Plenty of lengthy explanations for a biblical understanding of gender equality exist, on the web and in print. I would still like to offer what I hope will be a brief summary of my own framework for a scriptural understanding of equality. Let’s start with some myth-busting.
Myth: Egalitarians believe “equality” means “same.”
Of course men and women are different - in significant, and not-so-significant ways. Women carry babies. Men have more upper body strength. (I’m already thinking of exceptions.) There are differences in brain development, in hormone excretion, and in socialization. Christian egalitarians are not interested in obliterating the genuine differences between women and men. We are concerned with, to quote Rebecca Grouthuis, “what difference the differences make.” Broad generalizations about what men are like or what women are like usually aren’t helpful. They don’t fit very well. They don’t account for personality type differences or cultural differences. They reinforce stereotypes. They marginalize the exceptions. And they erode the foundation for unity, reconciliation, and intimacy that women and men need with one another. An extreme emphasis on difference (like my classmate’s declaration that we are “100% different”) erodes mutual understanding. Historically it has been a foundation for misogyny. Considering the biblical emphasis on unity, the practice of emphasizing our common humanity as a basis for relationship seems like a pretty sound starting point.

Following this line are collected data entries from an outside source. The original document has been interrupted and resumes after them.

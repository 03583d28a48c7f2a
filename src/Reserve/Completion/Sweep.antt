-- ===== src/Reserve/Completion/Sweep.antt =====
-- The sweep of a reserved wallet that no active reserve stands behind.
use myturn_webportal.Prelude.{
  ℕ, ◌≡◌, refl, sym, ◌∙◌, ◌⊎◌, inl, inr, true, false, none, arith, if◌then◌else◌, Bool-cases, ◌==◌,
  ok, Result,
}
use myturn_webportal.Prelude.Int.{ℤ, pos, ◌+ℤ◌, ◌≤ℤ◌, leb_ℤ, neg, int_laws, +ℤ_zero}
use myturn_webportal.Txn.{return, >>=-eq-ok}
use myturn_webportal.Ledger.Account.{AccountKey, member_wallet_reserved, member_wallet_available}
use myturn_webportal.Ledger.Accounts.{
  get_or_create, get_balance, get_or_create-balance, get_or_create-transactions,
}
use myturn_webportal.Ledger.Moves.{move_between, move_between-balance, move_between-new}
use myturn_webportal.Ledger.Posting.Journal.{orphan_sweep}
use myturn_webportal.Ledger.Posting.{Ledger, Posted, find_transaction}
use myturn_webportal.Ledger.Posting.Effect.{delta_on}
use myturn_webportal.Ledger.Posting.Transfer.{transfer_lines}
use myturn_webportal.Store.{Db, in_ledger}
use myturn_webportal.Store.Lemmas.{in_ledger-eq-ok}
use myturn_webportal.Reserve.Completion.{
  has_active_reserve, with_reserved, sweep_balance, sweep_orphaned_reserved_balance_in_tx,
}

emptied : (b : ℤ) → b +ℤ (neg b +ℤ (pos 0 +ℤ pos 0)) ≡ pos 0
emptied b = omega int_laws

filled : (b a : ℤ) → a +ℤ (pos 0 +ℤ (b +ℤ pos 0)) ≡ a +ℤ b
filled b a = omega int_laws

sweep_balance-ok :
    (user : ℕ) (balance : ℤ) (db db' : Db)
    → sweep_balance user balance db ≡ ok (tt, db')
    → ((leb_ℤ balance (pos 0) ≡ true) × (db' ≡ db))
      ⊎ ((p : Posted) × (move_between
              (orphan_sweep user)
              (member_wallet_reserved user)
              (member_wallet_available user)
              balance
              db.ledger
            ≡ ok (p, db'.ledger)))
unfolding sweep_balance
sweep_balance-ok user balance db db' h = elim (Bool-cases (leb_ℤ balance (pos 0))) [
  | inl nothing ↦ inl (nothing, let h₁ = rw nothing at h in ground arith)
  | inr positive ↦
      let f : Ledger → Result (Posted × Ledger) =
        move_between (orphan_sweep user) (member_wallet_reserved user)
          (member_wallet_available user) balance in
      let (p, db₁, moved, h₁) = >>=-eq-ok (in_ledger f) (λ _. return tt) db (rw positive at h) in
      let (transfer, _) = in_ledger-eq-ok f db moved in
      inr (p, let e : db₁ ≡ db' = ground arith in rw (← e) transfer)
]

module _ (user : ℕ) (db : Db) (idle : has_active_reserve user db.reserves ≡ false) where
  -- A first sweep that returns empties a reserved wallet that no active reserve stands behind, and
  -- whose balance is not negative, into the available wallet.
  sweep-empties :
      {db' : Db}
      → find_transaction (orphan_sweep user) db.ledger.transactions ≡ none
      → pos 0 ≤ℤ get_balance (member_wallet_reserved user) db.ledger
      → sweep_orphaned_reserved_balance_in_tx user db ≡ ok (tt, db')
      → (get_balance (member_wallet_reserved user) db'.ledger ≡ pos 0)
        × (get_balance (member_wallet_available user) db'.ledger
            ≡ get_balance (member_wallet_available user) db.ledger
              +ℤ get_balance (member_wallet_reserved user) db.ledger)
  unfolding sweep_orphaned_reserved_balance_in_tx
  sweep-empties {db'} unused nonneg h =
      let reserved = member_wallet_reserved user in
      let available = member_wallet_available user in
      let l = get_or_create reserved db.ledger in
      let opened_at : (k : AccountKey) → get_balance k l ≡ get_balance k db.ledger =
        λ k. get_or_create-balance reserved k db.ledger in
      let log : l.transactions ≡ db.ledger.transactions =
        get_or_create-transactions reserved db.ledger in
      let balance = get_balance reserved l in
      elim (sweep_balance-ok user balance (with_reserved user db) db' (rw idle at h)) [
        | inl (none_held, same) ↦
            let held = opened_at reserved in
            let zero : get_balance reserved db.ledger ≡ pos 0 =
              nothing_held (rw held at none_held) nonneg in
            rw (same, held, opened_at available, zero) (refl, sym (+ℤ_zero _))
        | inr (p, moved) ↦
            let new =
              move_between-new (orphan_sweep user) reserved available balance l moved
                (rw log unused) in
            let after_at : (k : AccountKey)
                → get_balance k db'.ledger
                  ≡ get_balance k l
                    +ℤ (if p.duplicate
                        then pos 0
                        else delta_on k (transfer_lines reserved available balance)) =
              λ k. move_between-balance (orphan_sweep user) reserved available balance l moved k in
            let same : (user == user) ≡ true = ground arith in
            let at_reserved = rw (new, same) at (after_at reserved) in
            let at_available = rw (new, same) at (after_at available) in
            (
              at_reserved ∙ emptied balance,
              at_available
                  ∙ filled balance (get_balance available l)
                  ∙ rw (opened_at reserved, opened_at available) refl,
            )
      ]
    where
      nothing_held : {b : ℤ} → leb_ℤ b (pos 0) ≡ true → pos 0 ≤ℤ b → b ≡ pos 0
      nothing_held {b} low high = ground arith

Myth: Equality means the woman is in charge instead of the man. I’ve spoken with many people who believe that one person in a marriage must be in charge, and if it’s not the man then the woman takes over. Equality is about a partnership of equals who share power and mutually submit to one another. It’s not a cover for male subordination by women. (Ironically, if you look more closely at some of these male headship marriages, the person who is really in charge isn’t the man. Power will try to balance itself out, in subversive or manipulative ways if more direct ways are not available.) Incidentally, egalitarians don’t think it’s any better for the wife to be in charge of the husband. We really believe in equality.
Myth: The husband must be the final decision-maker and this is biblical. This is bunk. It’s not biblical and even really literal approaches to interpretation can’t reasonably substantiate this claim from scripture. And in practice, two loving adults who are equally vested in the outcome of a decision can share that decision and reach consensus. One person having the power to trump all decisions is not healthy. Once I had a conversation with a man who felt really strongly about being the “final decision maker.” I asked him why, if there must be one, it should be him. Is he smarter than his wife? Is he better at solving problems than his wife? Is he more important than his wife? No. no. no. “It’s because I’m the MAN.” But what about being the man makes you more qualified to make decisions? Is there a special decision-making device in your, um, male accessories? No. I asked him to tell me about some decisions he had made to trump his wife when they couldn’t agree. He hemmed and hawed, but couldn’t come up with any. In desperation he said, “Doesn’t the bible say the man is supposed to be the decision maker?” He doesn’t have any respect for the bible, but knows I’m a Christian, so he tries to use scripture to justify his fragile male authority. “Submit to one another out of reverence for Christ” is a great starting place for making tough decisions together in a marriage. And that IS biblical.